» **Task details**
Using the data below, return the stretch from the line that contains "filename src/Migrate/Scripts.antt" through the line that contains "m.version ∷ []))", both included, exactly as it stands and nothing beyond it.

***** Information shown *****

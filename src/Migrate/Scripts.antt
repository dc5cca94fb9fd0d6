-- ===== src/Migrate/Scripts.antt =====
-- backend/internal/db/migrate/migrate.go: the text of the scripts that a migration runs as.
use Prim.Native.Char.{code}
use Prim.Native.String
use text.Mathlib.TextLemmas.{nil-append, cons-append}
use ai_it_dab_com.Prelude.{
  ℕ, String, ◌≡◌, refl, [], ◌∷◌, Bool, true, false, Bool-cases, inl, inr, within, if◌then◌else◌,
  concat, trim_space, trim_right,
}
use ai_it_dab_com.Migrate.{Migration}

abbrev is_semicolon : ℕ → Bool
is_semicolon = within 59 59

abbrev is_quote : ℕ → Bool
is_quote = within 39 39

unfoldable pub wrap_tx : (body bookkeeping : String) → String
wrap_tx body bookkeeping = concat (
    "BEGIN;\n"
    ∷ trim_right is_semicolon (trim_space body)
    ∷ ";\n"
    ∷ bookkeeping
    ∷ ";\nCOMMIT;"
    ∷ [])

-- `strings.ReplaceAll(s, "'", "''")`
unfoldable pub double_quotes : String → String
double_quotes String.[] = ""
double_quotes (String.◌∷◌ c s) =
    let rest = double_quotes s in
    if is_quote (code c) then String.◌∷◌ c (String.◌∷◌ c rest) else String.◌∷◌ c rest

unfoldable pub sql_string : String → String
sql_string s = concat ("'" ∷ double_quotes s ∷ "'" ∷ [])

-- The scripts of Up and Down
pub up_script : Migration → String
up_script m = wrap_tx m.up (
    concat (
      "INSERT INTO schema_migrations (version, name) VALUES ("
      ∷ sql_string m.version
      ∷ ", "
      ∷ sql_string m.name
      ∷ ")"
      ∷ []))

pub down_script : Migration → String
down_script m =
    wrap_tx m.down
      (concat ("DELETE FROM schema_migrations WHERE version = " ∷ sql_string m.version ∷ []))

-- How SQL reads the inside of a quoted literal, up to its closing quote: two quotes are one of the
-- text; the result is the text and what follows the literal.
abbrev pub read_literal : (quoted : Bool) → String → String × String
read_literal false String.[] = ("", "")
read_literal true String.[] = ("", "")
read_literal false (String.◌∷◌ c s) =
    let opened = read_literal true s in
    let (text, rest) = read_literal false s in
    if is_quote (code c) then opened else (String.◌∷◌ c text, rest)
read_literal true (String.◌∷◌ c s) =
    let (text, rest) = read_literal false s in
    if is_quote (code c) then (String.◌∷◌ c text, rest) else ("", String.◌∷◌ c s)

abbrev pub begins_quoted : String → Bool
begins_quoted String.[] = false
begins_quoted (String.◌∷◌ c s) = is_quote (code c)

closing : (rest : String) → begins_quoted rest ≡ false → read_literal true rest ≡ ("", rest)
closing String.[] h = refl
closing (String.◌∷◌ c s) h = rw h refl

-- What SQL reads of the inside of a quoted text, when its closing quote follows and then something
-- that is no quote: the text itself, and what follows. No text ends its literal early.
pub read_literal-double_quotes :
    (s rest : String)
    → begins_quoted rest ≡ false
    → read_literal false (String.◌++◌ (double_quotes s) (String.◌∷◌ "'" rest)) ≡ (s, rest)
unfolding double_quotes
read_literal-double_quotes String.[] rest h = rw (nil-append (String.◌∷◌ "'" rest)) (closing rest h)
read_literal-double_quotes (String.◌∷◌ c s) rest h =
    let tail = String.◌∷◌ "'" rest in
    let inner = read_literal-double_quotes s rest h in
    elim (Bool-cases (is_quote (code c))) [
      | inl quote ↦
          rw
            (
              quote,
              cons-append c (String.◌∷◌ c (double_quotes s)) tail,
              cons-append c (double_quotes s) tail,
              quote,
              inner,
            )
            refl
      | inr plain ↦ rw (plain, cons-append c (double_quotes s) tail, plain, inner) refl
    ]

*****
***** Information shown *****

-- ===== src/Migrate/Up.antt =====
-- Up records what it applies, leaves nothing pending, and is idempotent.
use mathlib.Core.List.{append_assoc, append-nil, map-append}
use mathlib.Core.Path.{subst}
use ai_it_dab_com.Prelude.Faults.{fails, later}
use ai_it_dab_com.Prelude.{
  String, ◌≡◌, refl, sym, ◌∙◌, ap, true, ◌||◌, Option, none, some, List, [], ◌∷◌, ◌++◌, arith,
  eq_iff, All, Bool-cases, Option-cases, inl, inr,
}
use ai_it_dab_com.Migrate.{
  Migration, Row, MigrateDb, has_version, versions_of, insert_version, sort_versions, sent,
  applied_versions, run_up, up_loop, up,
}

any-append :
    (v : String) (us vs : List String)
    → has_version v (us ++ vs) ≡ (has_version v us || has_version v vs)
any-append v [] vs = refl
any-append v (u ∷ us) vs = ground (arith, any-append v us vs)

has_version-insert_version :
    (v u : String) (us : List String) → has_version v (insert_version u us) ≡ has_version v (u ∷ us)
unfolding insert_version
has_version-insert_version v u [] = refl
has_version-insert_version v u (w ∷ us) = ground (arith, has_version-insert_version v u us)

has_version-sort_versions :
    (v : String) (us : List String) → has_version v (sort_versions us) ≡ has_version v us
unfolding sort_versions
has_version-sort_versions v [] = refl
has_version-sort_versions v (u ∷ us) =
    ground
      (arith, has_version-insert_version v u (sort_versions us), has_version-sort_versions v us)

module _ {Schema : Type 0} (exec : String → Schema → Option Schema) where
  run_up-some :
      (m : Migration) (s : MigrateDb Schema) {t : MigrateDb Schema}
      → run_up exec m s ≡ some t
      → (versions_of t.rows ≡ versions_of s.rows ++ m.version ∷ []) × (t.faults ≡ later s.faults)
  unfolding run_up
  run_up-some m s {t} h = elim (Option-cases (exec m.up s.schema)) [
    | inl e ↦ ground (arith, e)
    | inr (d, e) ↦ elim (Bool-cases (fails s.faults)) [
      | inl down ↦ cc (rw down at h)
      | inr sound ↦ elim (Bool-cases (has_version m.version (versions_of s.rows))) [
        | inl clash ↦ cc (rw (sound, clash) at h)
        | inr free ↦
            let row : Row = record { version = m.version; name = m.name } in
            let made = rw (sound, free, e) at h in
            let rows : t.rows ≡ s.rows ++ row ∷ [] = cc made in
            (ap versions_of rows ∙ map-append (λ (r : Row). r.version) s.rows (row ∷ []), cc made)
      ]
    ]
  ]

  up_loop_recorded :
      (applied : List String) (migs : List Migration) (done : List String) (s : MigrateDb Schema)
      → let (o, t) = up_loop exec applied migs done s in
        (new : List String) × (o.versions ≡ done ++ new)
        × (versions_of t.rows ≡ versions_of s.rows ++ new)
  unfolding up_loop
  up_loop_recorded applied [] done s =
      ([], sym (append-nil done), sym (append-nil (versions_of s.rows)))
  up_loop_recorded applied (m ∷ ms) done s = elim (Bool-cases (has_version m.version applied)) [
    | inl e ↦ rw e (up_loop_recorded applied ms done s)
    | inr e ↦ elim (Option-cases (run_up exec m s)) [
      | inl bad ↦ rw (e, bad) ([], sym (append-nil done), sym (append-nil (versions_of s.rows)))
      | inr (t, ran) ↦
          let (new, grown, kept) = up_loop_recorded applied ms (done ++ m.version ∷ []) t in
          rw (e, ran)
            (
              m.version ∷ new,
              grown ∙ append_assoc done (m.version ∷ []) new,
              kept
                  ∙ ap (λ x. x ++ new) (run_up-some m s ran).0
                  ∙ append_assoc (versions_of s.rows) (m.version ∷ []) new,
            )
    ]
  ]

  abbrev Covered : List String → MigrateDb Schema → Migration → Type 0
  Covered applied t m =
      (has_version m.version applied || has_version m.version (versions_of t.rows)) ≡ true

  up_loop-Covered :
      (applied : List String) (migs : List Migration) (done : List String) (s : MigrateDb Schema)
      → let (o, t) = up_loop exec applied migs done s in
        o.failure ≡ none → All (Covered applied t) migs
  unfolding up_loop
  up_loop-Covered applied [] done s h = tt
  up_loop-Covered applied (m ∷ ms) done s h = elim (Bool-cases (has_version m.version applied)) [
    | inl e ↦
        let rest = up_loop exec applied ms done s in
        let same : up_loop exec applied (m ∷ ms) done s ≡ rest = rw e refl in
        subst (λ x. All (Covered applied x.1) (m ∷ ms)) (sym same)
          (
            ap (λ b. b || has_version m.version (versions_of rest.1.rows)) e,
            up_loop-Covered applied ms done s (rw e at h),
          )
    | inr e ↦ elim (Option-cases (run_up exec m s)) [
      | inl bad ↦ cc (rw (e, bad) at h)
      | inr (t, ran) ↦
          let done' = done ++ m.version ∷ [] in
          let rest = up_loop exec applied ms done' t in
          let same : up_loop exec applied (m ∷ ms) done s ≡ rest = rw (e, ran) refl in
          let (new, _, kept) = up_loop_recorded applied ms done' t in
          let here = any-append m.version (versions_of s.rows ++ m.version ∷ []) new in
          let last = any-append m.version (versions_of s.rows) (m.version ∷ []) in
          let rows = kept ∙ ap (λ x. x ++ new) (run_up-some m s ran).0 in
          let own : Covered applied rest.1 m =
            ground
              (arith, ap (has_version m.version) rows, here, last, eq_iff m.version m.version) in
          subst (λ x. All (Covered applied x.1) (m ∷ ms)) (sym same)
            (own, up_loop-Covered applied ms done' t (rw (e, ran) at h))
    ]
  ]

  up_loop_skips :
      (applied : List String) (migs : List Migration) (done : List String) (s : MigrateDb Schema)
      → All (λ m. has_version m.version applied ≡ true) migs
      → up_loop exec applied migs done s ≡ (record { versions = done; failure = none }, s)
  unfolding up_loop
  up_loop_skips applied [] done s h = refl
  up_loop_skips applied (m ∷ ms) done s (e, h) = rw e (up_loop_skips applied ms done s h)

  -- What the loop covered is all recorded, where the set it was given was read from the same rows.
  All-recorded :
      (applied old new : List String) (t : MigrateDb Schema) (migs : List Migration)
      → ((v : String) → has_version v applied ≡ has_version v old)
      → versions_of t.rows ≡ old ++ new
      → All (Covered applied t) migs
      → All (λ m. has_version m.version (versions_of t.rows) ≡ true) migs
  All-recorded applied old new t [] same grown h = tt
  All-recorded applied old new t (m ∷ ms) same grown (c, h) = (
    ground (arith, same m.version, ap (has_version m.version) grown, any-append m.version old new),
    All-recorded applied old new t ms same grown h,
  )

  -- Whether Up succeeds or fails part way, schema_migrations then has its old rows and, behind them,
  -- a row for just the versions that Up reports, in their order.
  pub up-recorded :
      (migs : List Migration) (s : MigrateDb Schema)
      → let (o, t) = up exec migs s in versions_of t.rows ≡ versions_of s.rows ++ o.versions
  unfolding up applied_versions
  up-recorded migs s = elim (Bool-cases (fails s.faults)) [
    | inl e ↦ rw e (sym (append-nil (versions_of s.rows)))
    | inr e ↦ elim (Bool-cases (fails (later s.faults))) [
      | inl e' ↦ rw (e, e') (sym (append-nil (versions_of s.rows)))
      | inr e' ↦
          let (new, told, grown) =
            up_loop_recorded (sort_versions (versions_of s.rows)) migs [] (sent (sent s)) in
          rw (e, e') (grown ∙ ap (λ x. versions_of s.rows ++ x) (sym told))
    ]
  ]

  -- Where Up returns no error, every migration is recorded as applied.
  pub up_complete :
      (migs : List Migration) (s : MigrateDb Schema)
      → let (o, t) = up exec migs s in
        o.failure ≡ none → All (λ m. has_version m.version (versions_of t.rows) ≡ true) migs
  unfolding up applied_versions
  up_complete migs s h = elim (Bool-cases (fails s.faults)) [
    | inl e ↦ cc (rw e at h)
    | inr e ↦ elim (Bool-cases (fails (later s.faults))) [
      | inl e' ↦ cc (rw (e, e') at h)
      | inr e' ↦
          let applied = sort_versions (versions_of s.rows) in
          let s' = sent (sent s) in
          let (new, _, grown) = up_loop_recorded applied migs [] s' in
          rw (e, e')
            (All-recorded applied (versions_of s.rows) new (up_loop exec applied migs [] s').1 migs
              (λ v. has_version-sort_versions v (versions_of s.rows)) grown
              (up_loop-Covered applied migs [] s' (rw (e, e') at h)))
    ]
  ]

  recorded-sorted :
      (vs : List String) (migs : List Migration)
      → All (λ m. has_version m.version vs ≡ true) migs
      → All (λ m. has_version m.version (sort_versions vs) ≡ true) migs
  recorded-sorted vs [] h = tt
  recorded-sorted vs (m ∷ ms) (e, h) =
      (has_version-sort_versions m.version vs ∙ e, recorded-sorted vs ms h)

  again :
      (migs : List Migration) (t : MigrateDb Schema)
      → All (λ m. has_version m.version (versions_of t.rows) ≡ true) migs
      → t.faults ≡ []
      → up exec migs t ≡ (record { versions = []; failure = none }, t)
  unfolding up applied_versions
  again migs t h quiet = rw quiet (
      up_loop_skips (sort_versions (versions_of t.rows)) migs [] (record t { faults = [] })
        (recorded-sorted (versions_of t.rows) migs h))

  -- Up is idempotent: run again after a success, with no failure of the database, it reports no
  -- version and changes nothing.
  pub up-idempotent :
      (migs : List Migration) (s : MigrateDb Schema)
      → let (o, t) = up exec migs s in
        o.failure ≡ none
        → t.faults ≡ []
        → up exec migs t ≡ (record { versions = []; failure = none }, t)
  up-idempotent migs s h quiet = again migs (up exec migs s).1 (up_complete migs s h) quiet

*****

» **Exercise response**
filename src/Migrate/Scripts.antt
repository dc5cca94fb9fd0d6
-- ===== src/Migrate/Scripts.antt =====
-- backend/internal/db/migrate/migrate.go: the text of the scripts that a migration runs as.
use Prim.Native.Char.{code}
use Prim.Native.String
use text.Mathlib.TextLemmas.{nil-append, cons-append}
use ai_it_dab_com.Prelude.{
  ℕ, String, ◌≡◌, refl, [], ◌∷◌, Bool, true, false, Bool-cases, inl, inr, within, if◌then◌else◌,
  concat, trim_space, trim_right,
}
use ai_it_dab_com.Migrate.{Migration}

abbrev is_semicolon : ℕ → Bool
is_semicolon = within 59 59

abbrev is_quote : ℕ → Bool
is_quote = within 39 39

unfoldable pub wrap_tx : (body bookkeeping : String) → String
wrap_tx body bookkeeping = concat (
    "BEGIN;\n"
    ∷ trim_right is_semicolon (trim_space body)
    ∷ ";\n"
    ∷ bookkeeping
    ∷ ";\nCOMMIT;"
    ∷ [])

-- `strings.ReplaceAll(s, "'", "''")`
unfoldable pub double_quotes : String → String
double_quotes String.[] = ""
double_quotes (String.◌∷◌ c s) =
    let rest = double_quotes s in
    if is_quote (code c) then String.◌∷◌ c (String.◌∷◌ c rest) else String.◌∷◌ c rest

unfoldable pub sql_string : String → String
sql_string s = concat ("'" ∷ double_quotes s ∷ "'" ∷ [])

-- The scripts of Up and Down
pub up_script : Migration → String
up_script m = wrap_tx m.up (
    concat (
      "INSERT INTO schema_migrations (version, name) VALUES ("
      ∷ sql_string m.version
      ∷ ", "
      ∷ sql_string m.name
      ∷ ")"
      ∷ []))

pub down_script : Migration → String
down_script m =
    wrap_tx m.down
      (concat ("DELETE FROM schema_migrations WHERE version = " ∷ sql_string m.version ∷ []))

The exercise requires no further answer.